UnitSimplify is expecting an expression with head Quantity, and the factor before the quantity prevents the evaluation. We have for instance:

UnitConvert[a Quantity[2, "Inches"]]
(* UnitConvert[a (Quantity[2, "Inches"])] *)

UnitConvert[Quantity[2, "Inches"]]
(* Quantity[127/2500, "Meters"] *)

Note that the expression a Quantity[2, "Inches"] does not evaluate itself to a Quantity object:

a Quantity[2, "Inches"]
(* a (Quantity[2, "Inches"]) *)

because a is not NumericQ. On the contrary, this returns a Quantity:

(1 + Sqrt[2]) Quantity[2, "Inches"]
(* Quantity[2 (1 + Sqrt[2]), "Inches"] *)

Some spelunking (<<GeneralUtilities`; PrintDefinitions[Quantity]) shows the definition yielding this behavior.
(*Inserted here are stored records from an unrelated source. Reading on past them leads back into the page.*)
-- ===== src/Queue/Store/Invariant.antt =====
-- What holds of the table of tasks between two transactions of core/queue/store.py.
pub mod Kept
use nova_ai_agent.Prelude.{
  ℕ, suc, ◌+◌, ◌≤◌, ◌≡◌, refl, String, Bool, true, false, Option, none, some, List, [], ◌∷◌, ◌++◌,
  map, arith, All, All-append, if◌then◌else◌, ◌==◌, ==_sound, Bool-cases, inl, inr,
}
use nova_ai_agent.Exec.{Exec, Result, ok, err}
use nova_ai_agent.Exec.Keeps.{Keeps, Keeps-bind}
use nova_ai_agent.Queue.States.{TaskState, terminal, can_transition, is_paused, is_running, active}
use nova_ai_agent.Db.{Task, TaskStep, Db, find_task, put_task, find_step, get_task, save_task}
use nova_ai_agent.Db.Rows.{find_task-All, put_task-All}
use nova_ai_agent.Queue.Store.{Action, Field, create, moved, transition, transition_row, set_fields}
use nova_ai_agent.Queue.Store.Transition.{
  SameCore, Transitioned, transition-Transitioned, transition_error_unchanged,
}
use nova_ai_agent.Queue.Store.Steps.{
  update_step, update_row, update_found, ensure_plan, ensure_plan_row,
}

abbrev pub present : Option ℕ → Bool
present none = false
present (some n) = true

abbrev pub present_state : Option TaskState → Bool
present_state none = false
present_state (some s) = true

-- A row keeps its state and its bookkeeping together.
pub record IsRow (t : Task) : Type 0 where
  pub finished_iff : terminal t.state ≡ present t.finished_at
  pub paused_iff : is_paused t.state ≡ present_state t.paused_from
  pub started : is_running t.state ≡ true → present t.started_at ≡ true
  pub quiet : terminal t.state ≡ true → (t.cancel_requested ≡ false) × (t.pause_requested ≡ false)
  pub paused_quiet : is_paused t.state ≡ true → t.pause_requested ≡ false

-- The ids grow along the table, from `low` on, and stay below `high`.
abbrev pub IsOrdered : ℕ → List Task → ℕ → Type 0
IsOrdered low [] high = low ≤ high
IsOrdered low (t ∷ ts) high = (low ≤ t.id) × IsOrdered (suc t.id) ts high

pub record IsTable (db : Db) : Type 0 where
  pub rows : All IsRow db.tasks
  pub ordered : IsOrdered 0 db.tasks db.next_task

moved-IsRow :
    (dst : TaskState) (now : ℕ) (t : Task)
    → IsRow t
    → can_transition t.state dst ≡ true
    → IsRow (moved dst now t)
unfolding moved terminal can_transition
moved-IsRow dst now t h c = ground arith

SameCore-IsRow : (a b : Task) → SameCore a b → IsRow a → IsRow b
unfolding terminal
SameCore-IsRow a b s h = ground arith

put_task-IsOrdered :
    (r : Task) (low : ℕ) (ts : List Task) (high : ℕ)
    → IsOrdered low ts high
    → IsOrdered low (put_task r ts) high
unfolding put_task
put_task-IsOrdered r low [] high h = h
put_task-IsOrdered r low (u ∷ ts) high h = elim (Bool-cases (u.id == r.id)) [
  | inl c ↦ rw c (omega (arith, ==_sound u.id r.id c), rw (← ==_sound u.id r.id c) h.1)
  | inr c ↦ rw c (h.0, put_task-IsOrdered r (suc u.id) ts high h.1)
]

-- A row that is well formed may replace any row.
pub save_task-IsTable : (r : Task) (db : Db) → IsRow r → IsTable db → IsTable (save_task r db)
save_task-IsTable r db h k = record {
  rows = put_task-All IsRow r db.tasks h k.rows;
  ordered = put_task-IsOrdered r 0 db.tasks db.next_task k.ordered;
}

pub transition-IsTable :
    (i : ℕ) (dst : TaskState) (fs : List Field) → Keeps IsTable (transition i dst fs)
transition-IsTable i dst fs = record { at = λ s h. by_result (transition i dst fs s).0 s h refl }
  where
    by_result :
        (r : Result Task) (s : Db)
        → IsTable s
        → (transition i dst fs s).0 ≡ r
        → IsTable (transition i dst fs s).1
    by_result (err e) s h p = rw (transition_error_unchanged i dst fs s p) h
    by_result (ok new) s h p =
        let m = transition-Transitioned i dst fs s new p in
        let old = find_task-All IsRow i s.tasks m.old h.rows m.found in
        let row =
          SameCore-IsRow (moved dst s.clock m.old) new m.same
            (moved-IsRow dst s.clock m.old old m.allowed) in
        rw m.saved (save_task-IsTable new s row h)

All-map-IsRow :
    (f : Task → Task) (ts : List Task)
    → ((t : Task) → IsRow t → IsRow (f t))
    → All IsRow ts
    → All IsRow (map f ts)
All-map-IsRow f [] k h = tt
All-map-IsRow f (t ∷ ts) k h = (k t h.0, All-map-IsRow f ts k h.1)

map-IsOrdered :
    (f : Task → Task) (low : ℕ) (ts : List Task) (high : ℕ)
    → ((t : Task) → (f t).id ≡ t.id)
    → IsOrdered low ts high
    → IsOrdered low (map f ts) high
map-IsOrdered f low [] high k h = h
map-IsOrdered f low (t ∷ ts) high k h =
    (rw (k t) h.0, map-IsOrdered f (suc (f t).id) ts high k (rw (k t) h.1))

pub map-IsTable :
    (f : Task → Task) (db : Db)
    → ((t : Task) → IsRow t → IsRow (f t))
    → ((t : Task) → (f t).id ≡ t.id)
    → IsTable db
    → IsTable (record db { tasks = map f db.tasks })
map-IsTable f db k l h = record {
  rows = All-map-IsRow f db.tasks k h.rows;
  ordered = map-IsOrdered f 0 db.tasks db.next_task l h.ordered;
}

append-IsOrdered :
    (low : ℕ) (ts : List Task) (t : Task)
    → IsOrdered low ts t.id
    → IsOrdered low (ts ++ t ∷ []) (suc t.id)
append-IsOrdered low [] t h = (h, omega arith)
append-IsOrdered low (u ∷ ts) t h = (h.0, append-IsOrdered (suc u.id) ts t h.1)

pub create-IsTable :
    (title request_text task_type channel chat_id : String) (priority : ℕ)
    → Keeps IsTable (create title request_text task_type channel chat_id priority)
unfolding create terminal
create-IsTable title request_text task_type channel chat_id priority = record {
  at = λ s h. record {
    rows = All-append IsRow s.tasks _ h.rows (ground arith, tt);
    ordered = append-IsOrdered 0 s.tasks _ h.ordered;
  };
}

-- A row whose steps alone are replaced stays well formed.
pub steps-IsRow : (t : Task) (ss : List TaskStep) → IsRow t → IsRow (record t { steps = ss })
unfolding terminal
steps-IsRow t ss h = ground arith

pub update_step-IsTable :
    (i q : ℕ) (change : TaskStep → TaskStep) → Keeps IsTable (update_step i q change)
unfolding update_step
update_step-IsTable i q change = record { at = λ s h. by_row (get_task s i) s h refl }
  where
    by_step :
        (o : Option TaskStep) (t : Task) (s : Db)
        → IsTable s
        → IsRow t
        → IsTable (update_found o t q change s).1
    by_step none t s h r = h
    by_step (some x) t s h r = save_task-IsTable _ s (steps-IsRow t _ r) h

    by_row :
        (o : Option Task) (s : Db)
        → IsTable s
        → get_task s i ≡ o
        → IsTable (update_row o q change s).1
    by_row none s h e = h
    by_row (some t) s h e =
        by_step (find_step q t.steps) t s h (find_task-All IsRow i s.tasks t h.rows e)

pub ensure_plan-IsTable : (i : ℕ) (titles : List String) → Keeps IsTable (ensure_plan i titles)
unfolding ensure_plan
ensure_plan-IsTable i titles = record { at = λ s h. by_row (get_task s i) s h refl }
  where
    by_row :
        (o : Option Task) (s : Db)
        → IsTable s
        → get_task s i ≡ o
        → IsTable (ensure_plan_row o i titles s).1
    by_row none s h e = h
    by_row (some t) s h e =
        save_task-IsTable _ s (steps-IsRow t _ (find_task-All IsRow i s.tasks t h.rows e)) h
It starts with

Quantity /: Condition[HoldPattern[Times][...]

OP's question

Back to OP's question, a possible approach is to make the non-NumericQ factor of the expression enter the magnitude of the quantity. This can be done as follows:

makeQuantity[HoldPattern[Times[fact_, q_Quantity ?QuantityQ]]] := 
        Quantity[fact QuantityMagnitude[q], QuantityUnit[q]]

Taking OP's expression

expr = Sqrt[1 - (1.408969*10^6 radius^2)/(1.380123*10^7 + 1.408969*10^6 radius^2)] *
    Quantity[
          7.67349*10^-12 radius^2, 
          (("Amperes")^2 ("Meters")^2 ("Seconds")^2 ("Teslas")^2)/("Kilograms")
    ]

we get the expected simplification after processing:

makeQuantity[expr]

enter image description here

UnitSimplify[%]

enter image description here

This returns the mentioned result for the special case radius = 1:

% /. radius -> 1
(* Quantity[7.30944*10^-12, "Joules"] *)

The pattern I used for the definition of makeQuantity is a simple one, it may need to be enhanced depending on what the use is.